The key moment is the am_leader message from node_A is sent before the am_leader message from node_B, but these messages are received by node_C in the "reverse" order. This is pretty possible and totally breaks the logic implemented in the locks_leader.

I couldn't find any easy way to fix the locks_leader.

The locks app addresses all these asynchronous communications disbalance doing the job pretty well, but the locks_leader rolled it a bit back... Could it be possible to use internal locks info to deduce who is the leader instead of passing the leadership through the announcement messages building an extra layer of async communications?

uwiger · 2020-01-13T10:31:51Z

The locks app addresses all these asynchronous communications disbalance doing the job pretty well, but the locks_leader rolled it a bit back... Could it be possible to use internal locks info to deduce who is the leader instead of passing the leadership through the announcement messages building an extra layer of async communications?

Yes, the locks_leader should rely on the internal locks info to decide who's the leader, but it seems to me as if the key problem here is deciding when another announcement is needed from the locks_agent. So the leader gets stuck waiting for a new announcement that never arrives, since the locks agents believe they have already shared the latest info.

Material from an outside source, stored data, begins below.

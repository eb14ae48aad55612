-- ===== src/Access/Factor/Floor.antt =====
-- The replay floor of the one-time passwords: the compare-and-set of
-- Api/src/modules/auth/mfa-login.service.ts and Api/src/modules/password-reset/password-reset.service.ts.
use vaultchain_fintech_dashb.Prelude.{
  ℕ, Bool, true, false, not, ◌||◌, Option, none, some, ◌≡◌, refl, arith, inl, inr, update_where,
  count_where, find, find-any, find-all, find_fits, ok, ap, ◌∙◌, ◌==◌, ◌==?◌, Result, Option-cases,
  ==_iff, err-ne-ok, ok-injective, updated_one, count_where-any, any-update_where, ltb, &&_left,
  ◌<◌, ==_refl,
}
use vaultchain_fintech_dashb.Prelude.Text.{Text}
use vaultchain_fintech_dashb.Auth.Store.{User}
use vaultchain_fintech_dashb.Access.Store.{AccessDb, AccessError}
use vaultchain_fintech_dashb.Access.Factor.{
  advance_floor, check_totp, AccessEnv, user_id, check_step, has_floor, set_floor, check_secret,
}

-- A step that the floor lets pass.
abbrev pub is_above : ℕ → Option ℕ → Bool
is_above step none = true
is_above step (some floor) = ltb floor step

abbrev pub floor_at : Option User → Option ℕ
floor_at none = none
floor_at (some u) = u.last_used_totp_step

abbrev pub floor_of : ℕ → AccessDb → Option ℕ
floor_of id db = floor_at (find (user_id id) db.auth.users)

at_step : ℕ → User → Bool
at_step step u = u.last_used_totp_step ==? some step

at_step_eq : (o : Option ℕ) (step : ℕ) → (o ==? some step) ≡ true → o ≡ some step
at_step_eq none step h = cc
at_step_eq (some a) step h = ground arith

floor_set :
    (id step : ℕ) (floor : Option ℕ) (db : AccessDb)
    → count_where (user_id id) db.auth.users < 2
    → (count_where (has_floor id floor) db.auth.users == 1) ≡ true
    → floor_at
        (find (user_id id) (update_where (has_floor id floor) (set_floor step) db.auth.users))
      ≡ some step
unfolding at_step
floor_set id step floor db few won =
    let picked = λ (u : User) (h : has_floor id floor u ≡ true).
      &&_left (u.id == id) (u.last_used_totp_step ==? floor) h in
    let users = update_where (has_floor id floor) (set_floor step) db.auth.users in
    let set =
      updated_one (user_id id) (at_step step) (has_floor id floor) (set_floor step) db.auth.users
        picked (λ u h. ==_refl step) few won in
    let there = count_where-any (has_floor id floor) (user_id id) db.auth.users picked won in
    let still =
      any-update_where (user_id id) (has_floor id floor) (set_floor step) db.auth.users (λ u. refl)
      ∙ there in
    let (u, found) = find-any (user_id id) users still in
    let here = find_fits (user_id id) users found in
    let has = find-all (λ v. not (user_id id v) || at_step step v) (user_id id) users set found in
    let same : (u.last_used_totp_step ==? some step) ≡ true = rw here at has in
    ap floor_at found ∙ at_step_eq u.last_used_totp_step step same

check_step_lem :
    (others : AccessDb → AccessDb) (id : ℕ) (floor step : Option ℕ) (db : AccessDb) {t : AccessDb}
    → count_where (user_id id) (others db).auth.users < 2
    → check_step others id floor step db ≡ (ok true, t)
    → (s : ℕ) × (step ≡ some s) × (floor_of id t ≡ some s)
unfolding advance_floor
check_step_lem others id floor none db few h =
    absurd (cc (ok-injective (ap (λ (p : Result AccessError Bool × AccessDb). p.0) h)))
check_step_lem others id floor (some s) db few h =
    let won = ok-injective (ap (λ (p : Result AccessError Bool × AccessDb). p.0) h) in
    let same = ap (λ (p : Result AccessError Bool × AccessDb). p.1) h in
    (s, refl, coe 0 1 (i. floor_of id (same i) ≡ some s) (floor_set id s floor (others db) few won))

-- An answer of `false` is not an acceptance.
not_accepted :
    {s t : AccessDb} → ◌≡◌ {A = Result AccessError Bool × AccessDb} (ok false, s) (ok true, t) → ⊥
not_accepted h = cc (ok-injective (ap (λ (p : Result AccessError Bool × AccessDb). p.0) h))

check_secret_lem :
    (env : AccessEnv) (others : AccessDb → AccessDb) (code : Text) (user : User) (enc : Option Text)
    (db : AccessDb) {t : AccessDb}
    → ((secret presented : Text) (floor : Option ℕ) (step : ℕ)
        → env.totp secret presented floor ≡ some step
        → is_above step floor ≡ true)
    → count_where (user_id user.id) (others db).auth.users < 2
    → check_secret env others code user enc db ≡ (ok true, t)
    → (step : ℕ) × (floor_of user.id t ≡ some step)
      × (is_above step user.last_used_totp_step ≡ true)
check_secret_lem env others code user none db above few h = absurd (not_accepted h)
check_secret_lem env others code user (some enc) db above few h =
    elim (Option-cases (env.decrypt enc user.id)) [
      | inl e ↦ absurd (err-ne-ok (ap (λ r. r.0) (rw e at h)))
      | inr (secret, e) ↦
          let (step, accepted, set) =
            check_step_lem others user.id user.last_used_totp_step
              (env.totp secret code user.last_used_totp_step) db few (rw e at h) in
          (step, set, above secret code user.last_used_totp_step step accepted)
    ]

-- A code that is accepted has raised the user's floor to its step, which is above the floor that
-- was read, whatever other requests wrote in between; if the library only accepts steps above the
-- floor it is given, and no two users share the id.
pub check_totp-floor_of :
    (env : AccessEnv) (others : AccessDb → AccessDb) (id : ℕ) (code : Text) (db : AccessDb)
    {t : AccessDb}
    → ((secret presented : Text) (floor : Option ℕ) (step : ℕ)
        → env.totp secret presented floor ≡ some step
        → is_above step floor ≡ true)
    → count_where (user_id id) (others db).auth.users < 2
    → check_totp env others id code db ≡ (ok true, t)
    → (step : ℕ) × (floor_of id t ≡ some step) × (is_above step (floor_of id db) ≡ true)
unfolding check_totp
check_totp-floor_of env others id code db above few h =
    elim (Option-cases (find (user_id id) db.auth.users)) [
      | inl gone ↦ absurd (not_accepted (rw gone at h))
      | inr (user, found) ↦
          let owner = (==_iff user.id id).0 (find_fits (user_id id) db.auth.users found) in
          let few_rows : count_where (user_id user.id) (others db).auth.users < 2 = rw owner few in
          let (step, set, high) =
            check_secret_lem env others code user user.totp_secret_enc db above few_rows
              (rw found at h) in
          (step, rw owner at set, rw found high)
    ]
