-- ===== src/Access/Manage.antt =====
-- Api/src/modules/auth/mfa-enrollment.service.ts and mfa-management.service.ts: the second factor is
-- set up, disabled and reset.
pub mod Cleared
use vaultchain_fintech_dashb.Prelude.{
  ℕ, Bool, true, false, not, ◌&&◌, Option, none, some, List, [], ◌∷◌, find, any, filter, raise_if,
  or_raise, gets, modify, pure, is_some, is_none, ◌==◌, update_where, remove_where, transaction,
  if◌then◌else◌, ◌>>=◌, ◌>>◌, handled,
}
use vaultchain_fintech_dashb.Prelude.Text.{Text}
use vaultchain_fintech_dashb.Access.Store.{
  AccessDb, AccessEnv, Handler, already_enrolled, audit_row, not_enabled, self_reset_forbidden,
  undecryptable, invalid_code, invalid_password, mfa_admin_reset, mfa_disable, mfa_enroll_start,
  mfa_regenerate, mfa_revoke_device, missing_row, no_setup_in_progress, mfa_enroll_confirm,
  send_alert, of_row, of_user,
}
use vaultchain_fintech_dashb.Auth.Store.{User, user_id}
use vaultchain_fintech_dashb.Challenge.Mfa.{verifies}
use vaultchain_fintech_dashb.Access.BackupCodes.{generate, verify_code}
use vaultchain_fintech_dashb.Access.Factor.{set_floor}
use vaultchain_fintech_dashb.Access.Reset.{is_totp_shaped}
use vaultchain_fintech_dashb.Mask.{trim}
use vaultchain_fintech_dashb.Access.Devices.{revoke_all_devices, revoke_for_user}
use vaultchain_fintech_dashb.Auth.Refresh.{is_active_of, revoke}
use vaultchain_fintech_dashb.Access.Reset.Complete.{is_open_login}

-- `findUniqueOrThrow`.
unfoldable pub load_user : ℕ → Handler User
load_user id = do found ← gets (λ db. find (user_id id) db.auth.users); or_raise found missing_row

abbrev pub is_enrolled : User → Bool
is_enrolled u = u.mfa_enabled && is_some u.mfa_confirmed_at

unfoldable pub assert_password : AccessEnv → User → Text → Handler (Unit {0})
assert_password env user password =
    raise_if (not (verifies env.auth.crypto user.password_hash password)) invalid_password

abbrev pub with_users : (List User → List User) → AccessDb → AccessDb
with_users f db = record db { auth = record db.auth { users = f db.auth.users } }

-- `user.update`, which throws where the user is gone.
unfoldable pub update_user : ℕ → (User → User) → Handler (Unit {0})
update_user id f = do
  raise_if (← gets (λ db. not (any (user_id id) db.auth.users))) missing_row
  modify (with_users (update_where (user_id id) f))

abbrev pub pending_secret : Text → User → User
pending_secret enc u = record u {
  totp_secret_enc = some enc;
  mfa_enabled = false;
  mfa_confirmed_at = none;
  last_used_totp_step = none;
}

-- `start`, with the secret that was made and encrypted for the user.
unfoldable pub start_setup : AccessEnv → ℕ → Text → Text → Handler (Unit {0})
start_setup env id password enc = do
  user ← load_user id
  assert_password env user password
  raise_if (is_enrolled user) already_enrolled
  update_user id (pending_secret enc)
  audit_row (some id) mfa_enroll_start none true none

abbrev pub activated : ℕ → ℕ → User → User
activated now step u = record u {
  mfa_enabled = true;
  mfa_confirmed_at = some now;
  last_used_totp_step = some step;
}

unfoldable pub replace_codes : AccessEnv → ℕ → List (ℕ × Text) → Handler (Unit {0})
replace_codes env id fresh =
    modify (λ db. record db { backup_codes = generate env.auth.crypto id fresh db.backup_codes })

-- `confirm`, with the plaintext codes that the random source makes.
unfoldable pub confirm_setup : AccessEnv → ℕ → Text → List (ℕ × Text) → Handler (Unit {0})
confirm_setup env id code fresh = do
  user ← load_user id
  raise_if (is_enrolled user) already_enrolled
  enc ← or_raise user.totp_secret_enc no_setup_in_progress
  secret ← or_raise (env.decrypt enc id) undecryptable
  step ← or_raise (env.totp secret code user.last_used_totp_step) invalid_code
  update_user id (activated env.auth.now step)
  replace_codes env id fresh
  audit_row (some id) mfa_enroll_confirm none true none

-- The step is written with no regard to the floor at that time.
abbrev pub accept_step : ℕ → Option ℕ → Handler Bool
accept_step id none = pure false
accept_step id (some step) = update_user id (set_floor step) >> pure true

abbrev pub check_code : AccessEnv → User → Text → Option Text → Handler Bool
check_code env user code none = pure false
check_code env user code (some enc) = do
  secret ← or_raise (env.decrypt enc user.id) undecryptable
  accept_step user.id (env.totp secret code user.last_used_totp_step)

abbrev pub check_second_factor : AccessEnv → User → Text → Handler Bool
check_second_factor env user code =
    if is_totp_shaped code
    then check_code env user code user.totp_secret_enc
    else verify_code env.auth.crypto env.auth.now user.id code

unfoldable pub assert_second_factor : AccessEnv → User → Text → Handler (Unit {0})
assert_second_factor env user code = do
  accepted ← check_second_factor env user (trim code)
  raise_if (not accepted) invalid_code

unfoldable pub authorize : AccessEnv → ℕ → Text → Text → Handler (Unit {0})
authorize env id password code = do
  user ← load_user id
  raise_if (not (is_enrolled user)) not_enabled
  assert_password env user password
  assert_second_factor env user code

abbrev pub without_factor : User → User
without_factor u = record u {
  mfa_enabled = false;
  mfa_confirmed_at = none;
  totp_secret_enc = none;
  last_used_totp_step = none;
}

unfoldable pub clear_factors : AccessEnv → ℕ → Handler (Unit {0})
clear_factors env id = do
  update_user id without_factor
  modify (λ db. record db {
    backup_codes = remove_where (λ c. c.user_id == id) db.backup_codes;
    devices = revoke_all_devices env.auth.now id db.devices;
  })

-- `disable`.
unfoldable pub disable : AccessEnv → ℕ → Text → Text → Handler (Unit {0})
disable env id password code = do
  authorize env id password code
  transaction (λ before after. before) (clear_factors env id)
  audit_row (some id) mfa_disable none true none

-- `regenerateBackupCodes`.
unfoldable pub regenerate_backup_codes :
    AccessEnv → ℕ → Text → Text → List (ℕ × Text) → Handler (Unit {0})
regenerate_backup_codes env id password code fresh = do
  authorize env id password code
  replace_codes env id fresh
  audit_row (some id) mfa_regenerate none true none

abbrev pub close_sessions : ℕ → ℕ → AccessDb → AccessDb
close_sessions now id db = record db {
  auth = record db.auth {
    tokens = update_where (is_active_of id) (revoke now) db.auth.tokens;
    challenges =
        update_where (is_open_login id) (λ c. record c { consumed_at = some now })
          db.auth.challenges;
  };
}

-- `adminReset`.
unfoldable pub reset_factors : AccessEnv → ℕ → ℕ → Handler (Unit {0})
reset_factors env actor target = do
  raise_if (actor == target) self_reset_forbidden
  load_user target
  transaction (λ before after. before)
      (do clear_factors env target; modify (close_sessions env.auth.now target))
  audit_row (some actor) (mfa_admin_reset target) (some (of_user target)) true none
  send_alert env.alerts_work target

-- `revokeDevice`.
unfoldable pub revoke_own_device : AccessEnv → ℕ → Text → Handler (Unit {0})
revoke_own_device env id device = do
  modify (λ db. record db { devices = revoke_for_user env.auth.now id device db.devices })
  audit_row (some id) mfa_revoke_device (some (of_row device)) true none
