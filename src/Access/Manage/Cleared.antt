-- ===== src/Access/Manage/Cleared.antt =====
-- What is left of a second factor that is disabled or reset:
-- Api/src/modules/auth/mfa-management.service.ts.
use vaultchain_fintech_dashb.Prelude.{
  ℕ, Bool, true, false, not, ◌&&◌, none, some, List, [], ◌∷◌, ◌≡◌, refl, arith, Bool-cases, inl,
  inr, is_none, any, all_at, count_where, ok, ap, ◌==◌, Result, after-eq-ok, rolled_back-eq-ok,
  remove_where, update_where-none, update_where-all_at, ◌>>◌,
}
use vaultchain_fintech_dashb.Prelude.Text.{Text}
use vaultchain_fintech_dashb.Auth.Store.{User}
use vaultchain_fintech_dashb.Access.Store.{AccessDb, BackupCode, AccessError}
use vaultchain_fintech_dashb.Access.Manage.{
  clear_factors, disable, AccessEnv, update_user, user_id, authorize, send_alert, without_factor,
  missing_row, audit_row, close_sessions, is_active_of, reset_factors, is_open_login,
  mfa_admin_reset, revoke, self_reset_forbidden, load_user, of_user,
}
use vaultchain_fintech_dashb.Access.Devices.{revoke_all_devices, is_unrevoked_of, revoke_at}
use vaultchain_fintech_dashb.Access.Reset.Credentials.{guard_passed}

-- A user without the second factor: no secret, no floor, no backup code, no remembered device.
abbrev has_no_factor : User → Bool
has_no_factor u =
    not u.mfa_enabled
    && (is_none u.mfa_confirmed_at && (is_none u.totp_secret_enc && is_none u.last_used_totp_step))

abbrev pub HasNoFactor : ℕ → AccessDb → Type 0
HasNoFactor id db =
    (all_at (user_id id) has_no_factor db.auth.users ≡ true)
    × (count_where (λ (c : BackupCode). c.user_id == id) db.backup_codes ≡ 0)
    × (count_where (is_unrevoked_of id) db.devices ≡ 0)

removed_all : (p : BackupCode → Bool) (cs : List BackupCode) → count_where p (remove_where p cs) ≡ 0
removed_all p [] = refl
removed_all p (c ∷ cs) = elim (Bool-cases (p c)) [
  | inl e ↦ rw e (removed_all p cs)
  | inr e ↦ rw (e, e) (removed_all p cs)
]

clear_factors_lem :
    (env : AccessEnv) (id : ℕ) (db : AccessDb) {x : Unit {0}} {t : AccessDb}
    → clear_factors env id db ≡ (ok x, t)
    → HasNoFactor id t
unfolding clear_factors update_user revoke_all_devices
clear_factors_lem env id db h =
    let (y, u, updated, rest) = after-eq-ok (update_user id without_factor db) _ h in
    let (there, made) =
      guard_passed (not (any (user_id id) db.auth.users)) missing_row db _ updated in
    let users = ap (λ (p : Result AccessError (Unit {0}) × AccessDb). p.1) made in
    let same = ap (λ (p : Result AccessError (Unit {0}) × AccessDb). p.1) rest in
    coe 0 1 (i. HasNoFactor id (same i)) (
      coe 0 1 (i. all_at (user_id id) has_no_factor (users i).auth.users ≡ true) (
          update_where-all_at (user_id id) has_no_factor without_factor db.auth.users (λ u h. refl)
            (λ u. refl)),
      removed_all (λ c. c.user_id == id) u.backup_codes,
      update_where-none (is_unrevoked_of id) (revoke_at env.auth.now) u.devices
          (λ d h. ground arith),
    )

-- A call that disables the second factor and returns leaves its user without one: no secret and no
-- replay floor, no backup code, and no remembered device.
pub disable-HasNoFactor :
    (env : AccessEnv) (id : ℕ) (password code : Text) (db : AccessDb) {x : Unit {0}} {t : AccessDb}
    → disable env id password code db ≡ (ok x, t)
    → HasNoFactor id t
unfolding disable
disable-HasNoFactor env id password code db h =
    let (y, u, allowed, rest) = after-eq-ok (authorize env id password code db) _ h in
    let (z, v, cleared, end_of) = after-eq-ok _ _ rest in
    let same = ap (λ (p : Result AccessError (Unit {0}) × AccessDb). p.1) end_of in
    coe 0 1 (i. HasNoFactor id (same i))
      (clear_factors_lem env id u (rolled_back-eq-ok (λ b a. b) u _ cleared))

-- The user has no session and no login in progress.
abbrev pub IsLoggedOut : ℕ → AccessDb → Type 0
IsLoggedOut id db =
    (count_where (is_active_of id) db.auth.tokens ≡ 0)
    × (count_where (is_open_login id) db.auth.challenges ≡ 0)

close_sessions-IsLoggedOut :
    (now id : ℕ) (db : AccessDb) → IsLoggedOut id (close_sessions now id db)
close_sessions-IsLoggedOut now id db = (
  update_where-none (is_active_of id) (revoke now) db.auth.tokens (λ t h. ground arith),
  update_where-none (is_open_login id) (λ c. record c { consumed_at = some now }) db.auth.challenges
      (λ c h. ground arith),
)

reported_keeps :
    (works : Bool) (actor id : ℕ) (db : AccessDb) {x : Unit {0}} {t : AccessDb}
    → (audit_row (some actor) (mfa_admin_reset id) (some (of_user id)) true none
          >> send_alert works id)
        db
      ≡ (ok x, t)
    → HasNoFactor id db × IsLoggedOut id db
    → HasNoFactor id t × IsLoggedOut id t
reported_keeps true actor id db h have =
    let same = ap (λ (p : Result AccessError (Unit {0}) × AccessDb). p.1) h in
    coe 0 1 (i. HasNoFactor id (same i) × IsLoggedOut id (same i)) have
reported_keeps false actor id db h have =
    let same = ap (λ (p : Result AccessError (Unit {0}) × AccessDb). p.1) h in
    coe 0 1 (i. HasNoFactor id (same i) × IsLoggedOut id (same i)) have

-- An administrator's reset of a second factor that returns is of another user, and leaves that user
-- without a secret, a replay floor, a backup code, a remembered device, a session and a login in
-- progress.
pub reset_factors-HasNoFactor :
    (env : AccessEnv) (actor target : ℕ) (db : AccessDb) {x : Unit {0}} {t : AccessDb}
    → reset_factors env actor target db ≡ (ok x, t)
    → ((actor == target) ≡ false) × HasNoFactor target t × IsLoggedOut target t
unfolding reset_factors
reset_factors-HasNoFactor env actor target db h =
    let (other, e) = guard_passed (actor == target) self_reset_forbidden db _ h in
    let (user, u, loaded, f) = after-eq-ok (load_user target db) _ e in
    let (y, v, closed, g) = after-eq-ok _ _ f in
    let (z, w, cleared, k) =
      after-eq-ok (clear_factors env target u) _ (rolled_back-eq-ok (λ b a. b) u _ closed) in
    let same = ap (λ (p : Result AccessError (Unit {0}) × AccessDb). p.1) k in
    let have =
      coe 0 1 (i. HasNoFactor target (same i) × IsLoggedOut target (same i)) (
        clear_factors_lem env target u cleared,
        close_sessions-IsLoggedOut env.auth.now target w,
      ) in
    let (factor, out) = reported_keeps env.alerts_work actor target v g have in (other, factor, out)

uwiger · 2020-01-13T10:34:44Z

A possibility, albeit clumsy, might be to have a timeout on the safe_loop, where the locks_leader polls the agent for new info. Perhaps this could e.g. be limited to a period after nodeups arriving.

x0id · 2020-01-13T13:19:15Z

Currently locks_leader is getting info regarding its own leadership via lock notifications, but it does not use internal lock structures to check who is a new leader - it merely relies on getting am_leader message(s) from other nodes. This makes the bad scenario possible.

x0id · 2020-01-13T13:22:01Z

Regarding timeouts - this is what we do as a workaround in the app using locks_leader - when timeout happens (due to stuck in the safe_loop) - the app stops locks_leader, it restarts and tries again.

uwiger · 2020-01-13T14:49:52Z

It might be possible to detect accidental reordering by saving a limited number of am_leader and checking lock versions. Another approach might be to double-check am_leader messages against the most recent lock_info, and issuing leader_uncertain messages if any discrepancy is found.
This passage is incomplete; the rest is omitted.